Home prices decline in 70% of major markets in 2010.
2010 marked another year of price declines across much of the U.S. as prices faced significant downward pressure with the national unemployment rate staying above 9.5 percent and REO saturation holding above 22 percent throughout the year.
- Rapid and severe declines subsiding, as only eight major markets experienced double digit price declines in 2010.
- Seix of the 15 major markets that managed price gains were in California (Riverside, San Diego, Los Angeles, San Jose, San Francisco, and Fresno).
- Year characterized by record volatility, with quarterly prices changes of -4.3% (Q1), +5.8% (Q2), -1.6% (Q3), -3.9% (Q4) through the last four rolling quarters.

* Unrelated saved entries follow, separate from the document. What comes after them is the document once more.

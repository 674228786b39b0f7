-- ===== src/Dnssec/Sha2.antt =====
-- src/dnssec.rs: SHA-256, SHA-384 and SHA-512, over words of `width` bits.
use Prim.Native.Nat.{bit_xor}
use mathlib.Core.List.{reverse}
use ironbind.Prelude.{
  ℕ, zero, suc, ◌+◌, ◌-◌, ◌*◌, ◌/◌, ◌%◌, ◌^◌, List, [], ◌∷◌, ◌++◌, bit_and, length, take, drop,
  get_elem?, none, some,
}
use ironbind.Prelude.Text.{Bytes}

abbrev k256 : List ℕ
k256 =
    0x428a2f98 ∷ 0x71374491 ∷ 0xb5c0fbcf ∷ 0xe9b5dba5 ∷ 0x3956c25b ∷ 0x59f111f1 ∷ 0x923f82a4
    ∷ 0xab1c5ed5 ∷ 0xd807aa98 ∷ 0x12835b01 ∷ 0x243185be ∷ 0x550c7dc3 ∷ 0x72be5d74 ∷ 0x80deb1fe
    ∷ 0x9bdc06a7 ∷ 0xc19bf174 ∷ 0xe49b69c1 ∷ 0xefbe4786 ∷ 0x0fc19dc6 ∷ 0x240ca1cc ∷ 0x2de92c6f
    ∷ 0x4a7484aa ∷ 0x5cb0a9dc ∷ 0x76f988da ∷ 0x983e5152 ∷ 0xa831c66d ∷ 0xb00327c8 ∷ 0xbf597fc7
    ∷ 0xc6e00bf3 ∷ 0xd5a79147 ∷ 0x06ca6351 ∷ 0x14292967 ∷ 0x27b70a85 ∷ 0x2e1b2138 ∷ 0x4d2c6dfc
    ∷ 0x53380d13 ∷ 0x650a7354 ∷ 0x766a0abb ∷ 0x81c2c92e ∷ 0x92722c85 ∷ 0xa2bfe8a1 ∷ 0xa81a664b
    ∷ 0xc24b8b70 ∷ 0xc76c51a3 ∷ 0xd192e819 ∷ 0xd6990624 ∷ 0xf40e3585 ∷ 0x106aa070 ∷ 0x19a4c116
    ∷ 0x1e376c08 ∷ 0x2748774c ∷ 0x34b0bcb5 ∷ 0x391c0cb3 ∷ 0x4ed8aa4a ∷ 0x5b9cca4f ∷ 0x682e6ff3
    ∷ 0x748f82ee ∷ 0x78a5636f ∷ 0x84c87814 ∷ 0x8cc70208 ∷ 0x90befffa ∷ 0xa4506ceb ∷ 0xbef9a3f7
    ∷ 0xc67178f2 ∷ []

abbrev k512 : List ℕ
k512 =
    0x428a2f98d728ae22 ∷ 0x7137449123ef65cd ∷ 0xb5c0fbcfec4d3b2f ∷ 0xe9b5dba58189dbbc
    ∷ 0x3956c25bf348b538 ∷ 0x59f111f1b605d019 ∷ 0x923f82a4af194f9b ∷ 0xab1c5ed5da6d8118
    ∷ 0xd807aa98a3030242 ∷ 0x12835b0145706fbe ∷ 0x243185be4ee4b28c ∷ 0x550c7dc3d5ffb4e2
    ∷ 0x72be5d74f27b896f ∷ 0x80deb1fe3b1696b1 ∷ 0x9bdc06a725c71235 ∷ 0xc19bf174cf692694
    ∷ 0xe49b69c19ef14ad2 ∷ 0xefbe4786384f25e3 ∷ 0x0fc19dc68b8cd5b5 ∷ 0x240ca1cc77ac9c65
    ∷ 0x2de92c6f592b0275 ∷ 0x4a7484aa6ea6e483 ∷ 0x5cb0a9dcbd41fbd4 ∷ 0x76f988da831153b5
    ∷ 0x983e5152ee66dfab ∷ 0xa831c66d2db43210 ∷ 0xb00327c898fb213f ∷ 0xbf597fc7beef0ee4
    ∷ 0xc6e00bf33da88fc2 ∷ 0xd5a79147930aa725 ∷ 0x06ca6351e003826f ∷ 0x142929670a0e6e70
    ∷ 0x27b70a8546d22ffc ∷ 0x2e1b21385c26c926 ∷ 0x4d2c6dfc5ac42aed ∷ 0x53380d139d95b3df
    ∷ 0x650a73548baf63de ∷ 0x766a0abb3c77b2a8 ∷ 0x81c2c92e47edaee6 ∷ 0x92722c851482353b
    ∷ 0xa2bfe8a14cf10364 ∷ 0xa81a664bbc423001 ∷ 0xc24b8b70d0f89791 ∷ 0xc76c51a30654be30
    ∷ 0xd192e819d6ef5218 ∷ 0xd69906245565a910 ∷ 0xf40e35855771202a ∷ 0x106aa07032bbd1b8
    ∷ 0x19a4c116b8d2d0c8 ∷ 0x1e376c085141ab53 ∷ 0x2748774cdf8eeb99 ∷ 0x34b0bcb5e19b48a8
    ∷ 0x391c0cb3c5c95a63 ∷ 0x4ed8aa4ae3418acb ∷ 0x5b9cca4f7763e373 ∷ 0x682e6ff3d6b2b8a3
    ∷ 0x748f82ee5defb2fc ∷ 0x78a5636f43172f60 ∷ 0x84c87814a1f0ab72 ∷ 0x8cc702081a6439ec
    ∷ 0x90befffa23631e28 ∷ 0xa4506cebde82bde9 ∷ 0xbef9a3f7b2c67915 ∷ 0xc67178f2e372532b
    ∷ 0xca273eceea26619c ∷ 0xd186b8c721c0c207 ∷ 0xeada7dd6cde0eb1e ∷ 0xf57d4f7fee6ed178
    ∷ 0x06f067aa72176fba ∷ 0x0a637dc5a2c898a6 ∷ 0x113f9804bef90dae ∷ 0x1b710b35131c471b
    ∷ 0x28db77f523047d84 ∷ 0x32caab7b40c72493 ∷ 0x3c9ebe0a15c9bebc ∷ 0x431d67c49c100d4c
    ∷ 0x4cc5d4becb3e42b6 ∷ 0x597f299cfc657e2a ∷ 0x5fcb6fab3ad6faec ∷ 0x6c44198c4a475817 ∷ []

abbrev h256 : List ℕ
h256 =
    0x6a09e667 ∷ 0xbb67ae85 ∷ 0x3c6ef372 ∷ 0xa54ff53a ∷ 0x510e527f ∷ 0x9b05688c ∷ 0x1f83d9ab
    ∷ 0x5be0cd19 ∷ []

abbrev h384 : List ℕ
h384 =
    0xcbbb9d5dc1059ed8 ∷ 0x629a292a367cd507 ∷ 0x9159015a3070dd17 ∷ 0x152fecd8f70e5939
    ∷ 0x67332667ffc00b31 ∷ 0x8eb44a8768581511 ∷ 0xdb0c2e0d64f98fa7 ∷ 0x47b5481dbefa4fa4 ∷ []

abbrev h512 : List ℕ
h512 =
    0x6a09e667f3bcc908 ∷ 0xbb67ae8584caa73b ∷ 0x3c6ef372fe94f82b ∷ 0xa54ff53a5f1d36f1
    ∷ 0x510e527fade682d1 ∷ 0x9b05688c2b3e6c1f ∷ 0x1f83d9abfb41bd6b ∷ 0x5be0cd19137e2179 ∷ []

-- The widths, shifts and round constants by which the three functions differ.
pub record Variant : Type 0 where
  pub width : ℕ
  pub constants : List ℕ
  pub small0 : ℕ × ℕ × ℕ
  pub small1 : ℕ × ℕ × ℕ
  pub big0 : ℕ × ℕ × ℕ
  pub big1 : ℕ × ℕ × ℕ
  pub block : ℕ

abbrev narrow : Variant
narrow = record {
  width = 32;
  constants = k256;
  small0 = (7, 18, 3);
  small1 = (17, 19, 10);
  big0 = (2, 13, 22);
  big1 = (6, 11, 25);
  block = 64;
}

abbrev wide : Variant
wide = record {
  width = 64;
  constants = k512;
  small0 = (1, 8, 7);
  small1 = (19, 61, 6);
  big0 = (28, 34, 39);
  big1 = (14, 18, 41);
  block = 128;
}

abbrev rotate_right : ℕ → ℕ → ℕ → ℕ
rotate_right w x n = x / 2 ^ n + x % 2 ^ n * 2 ^ (w - n)

abbrev wrapping_add : ℕ → ℕ → ℕ → ℕ
wrapping_add w a b = (a + b) % 2 ^ w

-- Two rotations and a shift, and three rotations.
abbrev small_sigma : ℕ → ℕ × ℕ × ℕ → ℕ → ℕ
small_sigma w (a, b, c) x = bit_xor (bit_xor (rotate_right w x a) (rotate_right w x b)) (x / 2 ^ c)

abbrev big_sigma : ℕ → ℕ × ℕ × ℕ → ℕ → ℕ
big_sigma w (a, b, c) x =
    bit_xor (bit_xor (rotate_right w x a) (rotate_right w x b)) (rotate_right w x c)

abbrev word_at : List ℕ → ℕ → ℕ
word_at ws i = elim (get_elem? ws i) [ none ↦ 0 | some v ↦ v ]

-- `from_be_bytes` and `to_be_bytes`.
abbrev from_be : Bytes → ℕ → ℕ
from_be [] acc = acc
from_be (b ∷ bs) acc = from_be bs (acc * 2 ^ 8 + b)

abbrev to_be : ℕ → ℕ → Bytes
to_be zero v = []
to_be (suc n) v = v / 2 ^ (8 * n) % 256 ∷ to_be n v

-- The first 16 words of a block, the last one first.
words_of : ℕ → ℕ → Bytes → List ℕ → List ℕ
words_of size zero block acc = acc
words_of size (suc n) block acc =
    words_of size n (drop size block) (from_be (take size block) 0 ∷ acc)

-- The rest of the schedule; the last word stands first, so that `w[i - k]` is item `k - 1`.
extend_words : Variant → ℕ → List ℕ → List ℕ
extend_words v zero ws = ws
extend_words v (suc n) ws =
    let s0 = small_sigma v.width v.small0 (word_at ws 14) in
    let s1 = small_sigma v.width v.small1 (word_at ws 1) in
    let w =
      wrapping_add v.width
        (wrapping_add v.width (wrapping_add v.width (word_at ws 15) s0) (word_at ws 6)) s1 in
    extend_words v n (w ∷ ws)

-- The eight working variables.
pub record Working : Type 0 where
  pub a : ℕ
  pub b : ℕ
  pub c : ℕ
  pub d : ℕ
  pub e : ℕ
  pub f : ℕ
  pub g : ℕ
  pub h : ℕ

round : Variant → ℕ → ℕ → Working → Working
round v k w s =
    let m = v.width in
    let s1 = big_sigma m v.big1 s.e in
    let ch = bit_xor (bit_and s.e s.f) (bit_and (2 ^ m - 1 - s.e) s.g) in
    let temp1 = wrapping_add m (wrapping_add m (wrapping_add m (wrapping_add m s.h s1) ch) k) w in
    let s0 = big_sigma m v.big0 s.a in
    let maj = bit_xor (bit_xor (bit_and s.a s.b) (bit_and s.a s.c)) (bit_and s.b s.c) in
    let temp2 = wrapping_add m s0 maj in
    record {
      a = wrapping_add m temp1 temp2;
      b = s.a;
      c = s.b;
      d = s.c;
      e = wrapping_add m s.d temp1;
      f = s.e;
      g = s.f;
      h = s.g;
    }

-- The rounds over the constants and the schedule.
rounds : Variant → List ℕ → List ℕ → Working → Working
unfolding round
rounds v [] ws s = s
rounds v (k ∷ ks) [] s = s
rounds v (k ∷ ks) (w ∷ ws) s = rounds v ks ws (round v k w s)

add_working : Variant → Working → Working → Working
add_working v s t = record {
  a = wrapping_add v.width s.a t.a;
  b = wrapping_add v.width s.b t.b;
  c = wrapping_add v.width s.c t.c;
  d = wrapping_add v.width s.d t.d;
  e = wrapping_add v.width s.e t.e;
  f = wrapping_add v.width s.f t.f;
  g = wrapping_add v.width s.g t.g;
  h = wrapping_add v.width s.h t.h;
}

compress : Variant → Bytes → Working → Working
unfolding words_of extend_words rounds add_working
compress v block s =
    let first = words_of (v.block / 16) 16 block [] in
    let schedule = reverse (extend_words v (length v.constants - 16) first) in
    add_working v s (rounds v v.constants schedule s)

-- `n` blocks.
blocks : Variant → ℕ → Bytes → Working → Working
unfolding compress
blocks v zero padded s = s
blocks v (suc n) padded s = blocks v n (drop v.block padded) (compress v (take v.block padded) s)

abbrev zero_bytes : ℕ → Bytes
zero_bytes zero = []
zero_bytes (suc n) = 0 ∷ zero_bytes n

-- 0x80, zeros up to the length field, which has an eighth of the block, and the length in bits, of
-- which 64 bits are kept.
padded_of : Variant → Bytes → Bytes
padded_of v msg =
    let field = v.block / 8 in
    let used = (length msg + 1 + field) % v.block in
    let zeros = (v.block - used) % v.block in
    msg
    ++ ((0x80 ∷ zero_bytes zeros) ++ (zero_bytes (field - 8) ++ to_be 8 (length msg * 8 % 2 ^ 64)))

abbrev initial : List ℕ → Working
initial h = record {
  a = word_at h 0;
  b = word_at h 1;
  c = word_at h 2;
  d = word_at h 3;
  e = word_at h 4;
  f = word_at h 5;
  g = word_at h 6;
  h = word_at h 7;
}

abbrev digest_of : ℕ → Working → Bytes
digest_of size s =
    to_be size s.a
    ++ (to_be size s.b
        ++ (to_be size s.c
            ++ (to_be size s.d
                ++ (to_be size s.e ++ (to_be size s.f ++ (to_be size s.g ++ to_be size s.h))))))

sha2 : Variant → List ℕ → Bytes → Bytes
unfolding padded_of blocks
sha2 v start msg =
    let padded = padded_of v msg in
    digest_of (v.block / 16) (blocks v (length padded / v.block) padded (initial start))

unfoldable pub sha256 : Bytes → Bytes
unfolding sha2
sha256 = sha2 narrow h256

unfoldable pub sha512 : Bytes → Bytes
unfolding sha2
sha512 = sha2 wide h512

unfoldable pub sha384 : Bytes → Bytes
unfolding sha2
sha384 msg = take 48 (sha2 wide h384 msg)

In 2010, uncharacteristic volatility occured in home prices within relatively short time intervals. Of the top 50 major markets, 38 saw price swings of more than six percent at some point last year, driven in large part by the extension of the federal hom buyer tax credit. Conversely, from the middle of 2002 through mid 2009 national prices only changed direction once and at no point were there quarterly price swings from negative to positive gans of more than one percent in consecutive quarters. At the beginning of 2010, however, national prices saw a 10.1 percent price swing from price declines to price growth. As the effects of the tax credit wore off, national prices reversed this pattern during the latter half of 2010, posting a 7.4 percent swing into negative territory for conservative quarters.